▶ Work to be completed
Print every line of the listing below, starting with the line that holds "scrub_list values (n" and going on through the line that holds "let found = scrub_list", both included, and print nothing else.

Material provided Start Marker

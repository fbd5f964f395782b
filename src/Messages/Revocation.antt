-- ===== src/Messages/Revocation.antt =====
-- internal/messages/messages.go: Revoke, on the message and its deliveries.
use go_tangra_notification.Prelude.{
  ◌≡◌, refl, ◌⊎◌, inl, inr, Bool, false, none, some, List, [], ◌∷◌, String, arith, Bool-cases,
  Result-cases, ok, err, Err, state, any, Table, values, update_all,
}
use go_tangra_notification.Store.{Message, InboxRow, Status}
use go_tangra_notification.World.{World}
use go_tangra_notification.Memstore.{Store, owned_inv, owned-insert_self, atomic, atomic-cases}
use go_tangra_notification.Memstore.Messages.{with_status}
use go_tangra_notification.Memstore.Inbox.{to_revoke, revoke_row}
use go_tangra_notification.Authz.Decide.{Subjects}
use go_tangra_notification.Messages.Publish.{in_batches}
use go_tangra_notification.Messages.Service.{managed, withdraw, revoke, push_revoked, is_published}
use go_tangra_notification.Messages.Refines.{held}
use go_tangra_notification.Messages.Refines.Update.{
  withdraw_lem, withdraw_frame, push_revoked_store,
}

revoked_row : (tid id : String) (x : InboxRow) → to_revoke tid id (revoke_row tid id x) ≡ false
unfolding revoke_row to_revoke
revoked_row tid id x = ground arith

none_left :
    (tid id : String) (t : Table InboxRow)
    → any (to_revoke tid id) (values (update_all (revoke_row tid id) t)) ≡ false
unfolding update_all values
none_left tid id [] = refl
none_left tid id ((k, x) ∷ t) = rw (revoked_row tid id x, none_left tid id t) refl

-- The message is revoked, and no delivery of it is sent, received or read any more.
abbrev pub Withdrawn : String → String → Store → Type 0
Withdrawn tid id m =
    ((y : Message) × (held tid id m ≡ some y) × (y.status ≡ Status.revoked))
    × (any (to_revoke tid id) (values m.inbox) ≡ false)

withdraw-Withdrawn :
    (tid id : String) (m : Store) {l : List String}
    → (withdraw tid id m).0 ≡ ok l
    → Withdrawn tid id (withdraw tid id m).1
unfolding with_status
withdraw-Withdrawn tid id m h =
    let (x, o, e) = withdraw_lem tid id m h in
    let y = with_status Status.revoked none m.now x in
    rw e (
      (
        y,
        owned-insert_self (λ (z : Message). z.tenant_id) tid id y m.messages
            (owned_inv (λ (z : Message). z.tenant_id) tid id m.messages o).1,
        refl,
      ),
      none_left tid id m.inbox,
    )

withdraw-cases :
    (tid id : String) (m : Store)
    → (((e : Err) × ((atomic (withdraw tid id) m).0 ≡ err e))
        × ((atomic (withdraw tid id) m).1 ≡ m))
      ⊎ ((l : List String) × ((atomic (withdraw tid id) m).0 ≡ ok l)
          × Withdrawn tid id (atomic (withdraw tid id) m).1)
withdraw-cases tid id m =
    let (fail, now) = withdraw_frame tid id m in
    elim (atomic-cases (withdraw tid id) m fail now) [
      | inl e ↦ inl e
      | inr (l, r, q, same) ↦ inr (l, q, rw same (withdraw-Withdrawn tid id m r))
    ]

push_revoked_ok :
    (tid id : String) (bs : List (List String)) (w : World) → (push_revoked tid id bs w).0 ≡ ok tt
unfolding push_revoked
push_revoked_ok tid id [] w = refl
push_revoked_ok tid id (b ∷ bs) w = push_revoked_ok tid id bs _

-- A revocation is all or nothing. It fails and leaves the store as it was, or the message is revoked
-- and no delivery of it is sent, received or read any more.
pub revoke_atomic :
    (s : Subjects) (id : String) (manage : Bool) (w : World)
    → (((e : Err) × ((revoke s id manage w).0 ≡ err e))
        × ((revoke s id manage w).1.store ≡ w.store))
      ⊎ Withdrawn s.tenant_id id (revoke s id manage w).1.store
unfolding revoke
revoke_atomic s id manage w = elim (Result-cases (managed s id manage w.store)) [
  | inr (e, x) ↦ inl ((e, rw (x, revoke) refl), rw (x, revoke) refl)
  | inl (m, x) ↦ elim (Bool-cases (is_published m.status)) [
    | inr p ↦ inl ((state, rw (x, p, revoke) refl), rw (x, p, revoke) refl)
    | inl p ↦ elim (withdraw-cases s.tenant_id id w.store) [
      | inl ((e, r), same) ↦ inl ((e, rw (x, p, r, revoke) refl), rw (x, p, r, revoke) same)
      | inr (l, r, d) ↦ inr (
          rw
            (
              x,
              p,
              r,
              revoke,
              push_revoked_ok s.tenant_id id (in_batches l) _,
              push_revoked_store s.tenant_id id (in_batches l) _,
            )
            d)
    ]
  ]
]
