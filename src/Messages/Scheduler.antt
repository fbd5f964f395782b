-- ===== src/Messages/Scheduler.antt =====
-- internal/messages/scheduler.go: claiming due messages and publishing them.
use go_tangra_notification.Prelude.{
  ℕ, suc, Bool, true, false, List, [], ◌∷◌, String, if◌then◌else◌, nat_eq, ok, err, pure, ◌>>=◌,
}
use go_tangra_notification.Memstore.Messages.{claim_due_messages}
use go_tangra_notification.World.{Act, st}
use go_tangra_notification.Authz.Decide.{service_subjects}
use go_tangra_notification.Messages.Publish.{Directory, publish}

-- Times in nanoseconds.
pub record SchedulerConfig : Type 0 where
  pub interval : ℕ
  pub lease : ℕ
  pub batch : ℕ

abbrev default : ℕ → ℕ → ℕ
default d n = if nat_eq n 0 then d else n

unfoldable pub new_scheduler : SchedulerConfig → SchedulerConfig
new_scheduler c = record {
  interval = default 15000000000 c.interval;
  lease = default 60000000000 c.lease;
  batch = default 50 c.batch;
}

-- A failed publication is logged, and the loop goes on.
abbrev attempt : {A : Type 0} → Act A → Act Bool
attempt m w = elim (m w).0 [ ok a ↦ (ok true, (m w).1) | err e ↦ (ok false, (m w).1) ]

module _ (new_id : ℕ → String) (dir : Directory) where
  -- The loop over the claimed messages: how many were published.
  unfoldable pub publish_each : ℕ → List (String × String) → Act ℕ
  publish_each now [] = pure 0
  publish_each now ((id, tid) ∷ due) = do
    done ← attempt (publish new_id dir tid id (service_subjects tid "system") now)
    n ← publish_each now due
    pure (if done then suc n else n)

  unfoldable pub once : SchedulerConfig → ℕ → Act ℕ
  once c now = do due ← st (claim_due_messages now c.lease c.batch); publish_each now due
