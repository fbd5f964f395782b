-- ===== src/Messages/Validation.antt =====
-- internal/messages/messages.go: what the validation of a message lets through.
use go_tangra_notification.Prelude.{
  ◌≤◌, ◌≡◌, refl, ◌∙◌, ap, ◌⊎◌, inl, inr, Bool, true, false, some, List, [], ◌∷◌, String, len,
  arith, Bool-cases, Option-cases, ok, length, contains, not, ◌&&◌, ◌||◌, ◌==◌, ==_iff, ==_self,
  ltb,
}
use go_tangra_notification.Messages.Input.{
  MessageInput, dedup, validate, validate_recipients, default_kind,
}

abbrev pub no_repeats : List String → Bool
no_repeats [] = true
no_repeats (x ∷ xs) = not (contains xs x) && no_repeats xs

contains_same : (xs : List String) (a b : String) → a == b ≡ true → contains xs a ≡ contains xs b
contains_same xs a b h = ap (contains xs) ((==_iff a b).0 h)

-- One round of the loop: the id is left out where it was seen, and put first where it was not.
dedup_inv :
    (seen us l : List String) (u : String)
    → dedup seen (u ∷ us) ≡ some l
    → (u == "" ≡ false)
      × (((contains seen u ≡ true) × (dedup seen us ≡ some l))
          ⊎ ((contains seen u ≡ false)
              × ((r : List String) × (dedup (u ∷ seen) us ≡ some r) × (l ≡ u ∷ r))))
unfolding dedup
dedup_inv seen us l u h = (
  ground (arith, h),
  elim (Bool-cases (contains seen u)) [
    | inl old ↦ inl (old, ground (arith, h, old))
    | inr new ↦ elim (Option-cases (dedup (u ∷ seen) us)) [
      | inl n ↦ absurd (ground (arith, h, new, n))
      | inr (r, n) ↦ inr (new, (r, n, ground (arith, h, new, n)))
    ]
  ],
)

dedup-contains :
    (seen us l : List String) (a : String)
    → dedup seen us ≡ some l
    → contains l a ≡ (contains us a && not (contains seen a))
unfolding dedup
dedup-contains seen [] l a h = ground (arith, h)
dedup-contains seen (u ∷ us) l a h = elim (dedup_inv seen us l u h).1 [
  | inl (old, e) ↦ ground (arith, old, dedup-contains seen us l a e, contains_same seen u a)
  | inr (new, (r, e, q)) ↦
      rw q (ground (arith, new, dedup-contains (u ∷ seen) us r a e, contains_same seen u a))
]

dedup-no_repeats : (seen us l : List String) → dedup seen us ≡ some l → no_repeats l ≡ true
unfolding dedup
dedup-no_repeats seen [] l h = ground (arith, h)
dedup-no_repeats seen (u ∷ us) l h = elim (dedup_inv seen us l u h).1 [
  | inl (old, e) ↦ dedup-no_repeats seen us l e
  | inr (new, (r, e, q)) ↦ rw q (
      ground
        (arith, dedup-no_repeats (u ∷ seen) us r e, dedup-contains (u ∷ seen) us r u e, ==_self u))
]

dedup-no_empty : (seen us l : List String) → dedup seen us ≡ some l → contains us "" ≡ false
unfolding dedup
dedup-no_empty seen [] l h = refl
dedup-no_empty seen (u ∷ us) l h =
    let (some_id, rest) = dedup_inv seen us l u h in
    elim rest [
      | inl (old, e) ↦ ground (arith, some_id, dedup-no_empty seen us l e)
      | inr (new, (r, e, q)) ↦ ground (arith, some_id, dedup-no_empty (u ∷ seen) us r e)
    ]

-- What a message that passes looks like: `v` is kept of the input `i`.
pub record Valid (i v : MessageInput) : Type 0 where
  pub title_length : (1 ≤ len v.title) × (len v.title ≤ 200)
  pub content_length : len v.content ≤ 65536
  pub known_kind : (v.kind == "notification" || v.kind == "private" || v.kind == "group") ≡ true
  pub one_audience : (v.recipients.all && ltb 0 (length v.recipients.users)) ≡ false
  pub each_once : no_repeats v.recipients.users ≡ true
  pub no_empty : contains v.recipients.users "" ≡ false
  pub same_users : (a : String) → contains v.recipients.users a ≡ contains i.recipients.users a

nobody : (us l : List String) → ltb 0 (length us) ≡ false → dedup [] us ≡ some l → l ≡ []
unfolding dedup
nobody [] l h e = ground (arith, e)
nobody (u ∷ us) l h e = absurd (ground (arith, h))

validate_inv :
    (i v : MessageInput)
    → validate i ≡ ok v
    → (l : List String) × (dedup [] i.recipients.users ≡ some l)
      × (v
          ≡ record i { kind = default_kind i.kind; recipients = record i.recipients { users = l } })
unfolding validate validate_recipients
validate_inv i v h = elim (Option-cases (dedup [] i.recipients.users)) [
  | inl n ↦ absurd (ground (arith, h, n))
  | inr (l, n) ↦ (l, n, ground (arith, h, n))
]

-- A message that the validation lets through has a title of 1 to 200 bytes, at most 65536 bytes of
-- content and one of the three types; it is not for all and for listed users at once; and its users
-- are those of the input, each once, none of them empty.
pub validate_lem : (i v : MessageInput) → validate i ≡ ok v → Valid i v
unfolding validate validate_recipients
validate_lem i v h =
    let (l, e, q) = validate_inv i v h in
    rw q (record {
      title_length = (ground (arith, h), ground (arith, h));
      content_length = ground (arith, h);
      known_kind = ground (arith, h);
      one_audience = elim (Bool-cases i.recipients.all) [
        | inr n ↦ rw n refl
        | inl a ↦ rw (nobody i.recipients.users l (ground (arith, h, a)) e, a) refl
      ];
      each_once = dedup-no_repeats [] i.recipients.users l e;
      no_empty =
          rw (dedup-contains [] i.recipients.users l "" e, dedup-no_empty [] i.recipients.users l e)
            refl;
      same_users = λ a. dedup-contains [] i.recipients.users l a e ∙ ground arith;
    })
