-- ===== src/Notify.antt =====
-- internal/notify: channels with sealed settings, templates, and the send pipeline.
pub mod Settings
pub mod Envelope
pub mod Credentials
pub mod Sealing
pub mod Blind
pub mod Checks
pub mod Channels
pub mod Manage
pub mod Defaults
pub mod SystemKey
pub mod Deliver
pub mod Send
pub mod Outcome
pub mod Passing
pub mod Gates
pub mod Complete
pub mod SystemSend
pub mod Namespace
pub mod Log
pub mod Scope
pub mod Platform
pub mod Render
pub mod Templates
pub mod Survival
pub mod Preview
pub mod Seed
pub mod Wording
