-- ===== src/Notify/Render.antt =====
-- internal/render: templates with declared variables, rendered with secrets replaced for the log.
use Prim.Native.Char.{code}
use go_tangra_notification.Prelude.{
  is_digit, ℕ, Bool, true, false, Option, none, some, List, [], ◌∷◌, String, len, ◌&&◌, ◌||◌, not,
  if◌then◌else◌, ◌==◌, ltb, leb, nat_eq, contains, Table, lookup, insert, Result, ok, err, invalid,
  template_size, failed_render, undeclared, bind_result, map_result,
}

abbrev pub is_alpha : ℕ → Bool
is_alpha c = (leb 65 c && leb c 90) || (leb 97 c && leb c 122)

abbrev name_rest : String → Bool
name_rest String.[] = true
name_rest (String.◌∷◌ c s) =
    (is_alpha (code c) || is_digit (code c) || nat_eq (code c) 95) && name_rest s

-- `^[A-Za-z][A-Za-z0-9_]{0,63}$`.
unfoldable pub valid_name : String → Bool
valid_name String.[] = false
valid_name (String.◌∷◌ c s) = is_alpha (code c) && name_rest s && leb (len s) 63

pub record Output : Type 0 where
  pub subject : String
  pub body : String

-- What the template packages make of a subject and a body: the variables that they refer to,
-- sorted, and the execution, with its bounds on time and size.
pub record Compiled : Type 0 where
  pub refs : List String
  pub execute : Table String → Result Output

-- text/template and html/template, and the text functions of the library.
pub record Engine : Type 0 where
  pub compile : String → String → Bool → Result Compiled
  pub escape_html : String → String
  pub escape_query : String → String
  pub replace_all : String → String → String → String

-- The body is HTML for e-mail and text for the other types.
unfoldable pub kind_for : String → Bool
kind_for channel_type = channel_type == "email"

abbrev pub redacted_mark : String
redacted_mark = "[redacted]"

unfoldable pub value_of : Table String → String → String
value_of t n = elim (lookup n t) [ none ↦ "" | some v ↦ v ]

abbrev pub has_value : Table String → String → Bool
has_value t n = elim (lookup n t) [ none ↦ false | some v ↦ true ]

-- The first name that has no value.
unfoldable pub first_missing : Table String → List String → Option String
first_missing t [] = none
first_missing t (n ∷ ns) = if has_value t n then first_missing t ns else some n

unfoldable pub render : Compiled → Table String → Result Output
render c values = elim (first_missing values c.refs) [
  | some n ↦ err (failed_render n)
  | none ↦ c.execute values
]

-- The secret variables that have a value, replaced.
unfoldable pub masked : Table String → List String → Table String → Table String
masked values [] t = t
masked values (n ∷ ns) t =
    masked values ns (if value_of values n == "" then t else insert n redacted_mark t)

unfoldable pub any_secret : Table String → List String → Bool
any_secret values [] = false
any_secret values (n ∷ ns) = not (value_of values n == "") || any_secret values ns

module _ (e : Engine) where
  unfoldable pub parse : String → String → Bool → Result Compiled
  parse subject body html =
      if ltb 998 (len subject) || ltb 262144 (len body)
      then err template_size
      else e.compile subject body html

  -- The secret values long enough to be looked for in the rendered text, as they are and escaped.
  unfoldable pub scrub_list : Table String → List String → List String
  scrub_list values [] = []
  scrub_list values (n ∷ ns) =
      let rest = scrub_list values ns in
      let v = value_of values n in if leb 8 (len v) then v ∷ e.escape_html v ∷ rest else rest

  unfoldable pub scrub_text : String → List String → String
  scrub_text t [] = t
  scrub_text t (v ∷ vs) = scrub_text (e.replace_all t v redacted_mark) vs

  -- What is delivered, and what the log keeps.
  unfoldable pub render_redacted : Compiled → Table String → List String → Result (Output × Output)
  render_redacted c values secret = bind_result (render c values) (λ sent.
      if not (any_secret values secret)
      then ok (sent, sent)
      else map_result
          (λ (o : Output).
            let found = scrub_list values secret in
            (sent, record { subject = scrub_text o.subject found; body = scrub_text o.body found }))
          (render c (masked values secret values)))

-- Every declared name is well formed, and every name referred to is declared.
unfoldable pub check_declared : List String → Result (Unit {0})
check_declared [] = ok tt
check_declared (d ∷ ds) =
    if valid_name d then check_declared ds else err (invalid "render: variable name" d)

unfoldable pub check_refs : List String → List String → Result (Unit {0})
check_refs declared [] = ok tt
check_refs declared (r ∷ rs) =
    if contains declared r then check_refs declared rs else err (undeclared r)

unfoldable pub validate_refs : Compiled → List String → Result (Unit {0})
validate_refs c declared = bind_result (check_declared declared) (λ _. check_refs declared c.refs)
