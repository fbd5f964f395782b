-- ===== src/Notify/Blind.antt =====
-- internal/render/redact.go: what the log keeps of a render does not depend on the secrets.
use go_tangra_notification.Prelude.{
  ◌≡◌, refl, true, false, some, List, [], ◌∷◌, String, ◌&&◌, not, if◌then◌else◌, ◌==◌, ==_iff,
  ==_self, contains, Table, lookup, insert, lookup-insert, ok, arith, Bool-cases, inl, inr, leb,
  len,
}
use go_tangra_notification.Notify.Render.{
  Compiled, Engine, Output, render, render_redacted, masked, any_secret, first_missing, value_of,
  scrub_list, scrub_text, redacted_mark,
}

lookup-masked :
    (values : Table String) (ns : List String) (t : Table String) (k : String)
    → lookup k (masked values ns t)
      ≡ (if contains ns k && not (value_of values k == "") then some redacted_mark else lookup k t)
unfolding masked
lookup-masked values [] t k = refl
lookup-masked values (n ∷ ns) t k = elim (Bool-cases (value_of values n == "")) [
  | inl e ↦ ground (arith, e, lookup-masked values ns t k, ==_iff n k)
  | inr e ↦ ground (
    arith,
    e,
    lookup-masked values ns (insert n redacted_mark t) k,
    lookup-insert n k redacted_mark t,
    ==_iff n k,
  )
]

first_missing_alike :
    (t u : Table String) (ns : List String)
    → ((k : String) → lookup k t ≡ lookup k u)
    → first_missing t ns ≡ first_missing u ns
unfolding first_missing
first_missing_alike t u [] h = refl
first_missing_alike t u (n ∷ ns) h = ground (arith, first_missing_alike t u ns h, h n)

-- The execution sees the variables only by name.
abbrev pub ByName : Compiled → Type 0
ByName c =
    (t u : Table String) → ((k : String) → lookup k t ≡ lookup k u) → c.execute t ≡ c.execute u

render_alike :
    (c : Compiled) (t u : Table String)
    → ByName c
    → ((k : String) → lookup k t ≡ lookup k u)
    → render c t ≡ render c u
unfolding render
render_alike c t u by_name h = ground (arith, first_missing_alike t u c.refs h, by_name t u h)

-- The values of the secret variables are not among those that the text is searched for: each is
-- shorter than 8 bytes.
abbrev pub Short : Table String → List String → Type 0
Short t ns = (k : String) → contains ns k ≡ true → leb 8 (len (value_of t k)) ≡ false

scrub_list-Short :
    (e : Engine) (t : Table String) (ns : List String) → Short t ns → scrub_list e t ns ≡ []
unfolding scrub_list
scrub_list-Short e t [] h = refl
scrub_list-Short e t (n ∷ ns) h =
    ground (arith, h n, ==_self n, scrub_list-Short e t ns (λ k c. h k (ground (arith, c))))

-- The two tables differ in the secret variables only, and each of these has a value in both or in
-- neither.
abbrev pub SameButSecrets : Table String → Table String → List String → Type 0
SameButSecrets t u ns =
    (k : String)
    → (contains ns k ≡ false → lookup k t ≡ lookup k u)
      × (contains ns k ≡ true
          → ((value_of t k == "") ≡ (value_of u k == ""))
            × ((value_of t k == "") ≡ true → lookup k t ≡ lookup k u))

masked_alike :
    (t u : Table String) (ns : List String)
    → SameButSecrets t u ns
    → (k : String) → lookup k (masked t ns t) ≡ lookup k (masked u ns u)
masked_alike t u ns h k = elim (Bool-cases (contains ns k)) [
  | inr c ↦ ground (arith, c, lookup-masked t ns t k, lookup-masked u ns u k, (h k).0 c)
  | inl c ↦ elim (Bool-cases (value_of t k == "")) [
    | inl e ↦ ground (
      arith,
      c,
      e,
      lookup-masked t ns t k,
      lookup-masked u ns u k,
      ((h k).1 c).0,
      ((h k).1 c).1 e,
    )
    | inr e ↦ ground (arith, c, e, lookup-masked t ns t k, lookup-masked u ns u k, ((h k).1 c).0)
  ]
]

-- What the log keeps of a render does not depend on the values of the secret variables: given an
-- execution that sees the variables by name only, two tables that differ in the secret variables
-- only, each with a value in both or in neither and shorter than 8 bytes, and some of them with a
-- value, a render that returns for one table and a render that returns for the other are stored
-- alike, whatever they send.
pub render_redacted_blind :
    (e : Engine) (c : Compiled) (t u : Table String) (ns : List String)
    → ByName c
    → SameButSecrets t u ns
    → Short t ns
    → Short u ns
    → any_secret t ns ≡ true
    → any_secret u ns ≡ true
    → (a b : Output × Output) → render_redacted e c t ns ≡ ok a
    → render_redacted e c u ns ≡ ok b
    → a.1 ≡ b.1
unfolding render_redacted scrub_text
render_redacted_blind e c t u ns by_name same st su at au a b h k =
    let r = render_alike c (masked t ns t) (masked u ns u) by_name (masked_alike t u ns same) in
    ground (arith, h, k, at, au, r, scrub_list-Short e t ns st, scrub_list-Short e u ns su)
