-- ===== src/Notify/Settings.antt =====
-- internal/sealed/sealed.go: a channel's settings, and what is shown, kept and scrubbed of them.
use Prim.Native.String.{◌++◌ as append}
use Prim.Native.Char.{code}
use go_tangra_notification.Prelude.{
  ℕ, zero, suc, Bool, true, false, Option, none, some, List, [], ◌∷◌, String, ◌||◌, not,
  if◌then◌else◌, ◌==◌, ltb, nat_eq, length, Table, lookup, insert, erase, Result, ok, err, injected,
  settings_size,
}

-- A JSON value: a text, a number, or the text of any other value.
pub data Value : Type 0 where
  text : String → Value
  number : ℕ → Value
  other : String → Value

abbrev pub Settings : Type 0
Settings = Table Value

abbrev pub marker : String
marker = "__set__"

abbrev pub max_settings_bytes : ℕ
max_settings_bytes = 8192

-- `str, _ := v.(string)`.
abbrev pub text_of : Option Value → String
text_of (some (text s)) = s
text_of _ = ""

abbrev pub present : Option Value → Bool
present none = false
present (some v) = true

abbrev pub redact_field : String → Settings → Settings
redact_field f s =
    if present (lookup f s)
    then (if text_of (lookup f s) == "" then erase f s else insert f (text marker) s)
    else s

unfoldable pub redact : Settings → List String → Settings
redact s [] = s
redact s (f ∷ fs) = redact (redact_field f s) fs

unfoldable pub public : Settings → List String → Settings
public s [] = s
public s (f ∷ fs) = public (erase f s) fs

-- One round of Merge on the credential field.
abbrev pub merge_field : Settings → Settings → String → Settings → Settings
merge_field stored incoming f out =
    let given = text_of (lookup f incoming) in
    if not (present (lookup f incoming)) || given == marker
    then elim (lookup f stored) [ none ↦ erase f out | some old ↦ insert f old out ]
    else if given == ""
    then erase f out
    else out

unfoldable pub merge_into : Settings → Settings → List String → Settings → Settings
merge_into stored incoming [] out = out
merge_into stored incoming (f ∷ fs) out =
    merge_into stored incoming fs (merge_field stored incoming f out)

unfoldable pub merge : Settings → Settings → List String → Settings
merge stored incoming fs = merge_into stored incoming fs incoming

-- The text before the first line break.
unfoldable pub first_line : String → String
first_line String.[] = ""
first_line (String.◌∷◌ c s) =
    let rest = String.◌∷◌ c (first_line s) in
    if nat_eq (code c) 10 || nat_eq (code c) 13 then "" else rest

-- `s[:n]`.
unfoldable pub cut : ℕ → String → String
cut zero s = ""
cut (suc n) String.[] = ""
cut (suc n) (String.◌∷◌ c s) = String.◌∷◌ c (cut n s)

-- `replace_all` is strings.ReplaceAll, with the text first, and `base64` the standard encoding.
module _ (replace_all : String → String → String → String) (base64 : String → String) where
  abbrev scrub_value : String → String → String
  scrub_value t v =
      let t' = replace_all t v "[REDACTED]" in
      if base64 v == "" then t' else replace_all t' (base64 v) "[REDACTED]"

  unfoldable pub scrub_fields : String → Settings → List String → String
  scrub_fields t stored [] = t
  scrub_fields t stored (f ∷ fs) =
      let v = text_of (lookup f stored) in
      scrub_fields (if v == "" then t else scrub_value t v) stored fs

  unfoldable pub scrub : String → Settings → List String → String
  scrub t stored fs = cut 1024 (scrub_fields (first_line t) stored fs)

-- cipher.AEAD under some key: the sizes, and Seal and Open of a nonce, a text and associated data.
pub record Aead : Type 0 where
  pub nonce_size : ℕ
  pub overhead : ℕ
  pub seal : List ℕ → List ℕ → String → List ℕ
  pub unseal : List ℕ → List ℕ → String → Option (List ℕ)

-- `marshal` and `unmarshal` are encoding/json's, `kek` the AEAD of the master key, and `gcm` what
-- crypto/aes and crypto/cipher make of a key. `random` is io.ReadFull on the random source: of a
-- seal, by its number, the reads by theirs, and how many bytes are asked for.
pub record Codec : Type 0 where
  pub marshal : Settings → Option (List ℕ)
  pub unmarshal : List ℕ → Option Settings
  pub kek : Aead
  pub gcm : List ℕ → Aead
  pub random : ℕ → ℕ → ℕ → Result (List ℕ)

unfoldable pub associated : String → String
associated id = append "channel:" id

module _ (c : Codec) where
  unfoldable pub encode : Settings → Result (List ℕ)
  encode s = elim (c.marshal s) [
    | none ↦ err (injected "json")
    | some b ↦ if ltb max_settings_bytes (length b) then err settings_size else ok b
  ]

  unfoldable pub decode : List ℕ → Result Settings
  decode b =
      if ltb max_settings_bytes (length b)
      then err settings_size
      else elim (c.unmarshal b) [ none ↦ err (injected "json") | some s ↦ ok s ]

Material provided End Marker

▶ Your solution
  scrub_list values (n ∷ ns) =
      let rest = scrub_list values ns in
      let v = value_of values n in if leb 8 (len v) then v ∷ e.escape_html v ∷ rest else rest

  unfoldable pub scrub_text : String → List String → String
  scrub_text t [] = t
  scrub_text t (v ∷ vs) = scrub_text (e.replace_all t v redacted_mark) vs

  -- What is delivered, and what the log keeps.
  unfoldable pub render_redacted : Compiled → Table String → List String → Result (Output × Output)
  render_redacted c values secret = bind_result (render c values) (λ sent.
      if not (any_secret values secret)
      then ok (sent, sent)
      else map_result
          (λ (o : Output).
            let found = scrub_list values secret in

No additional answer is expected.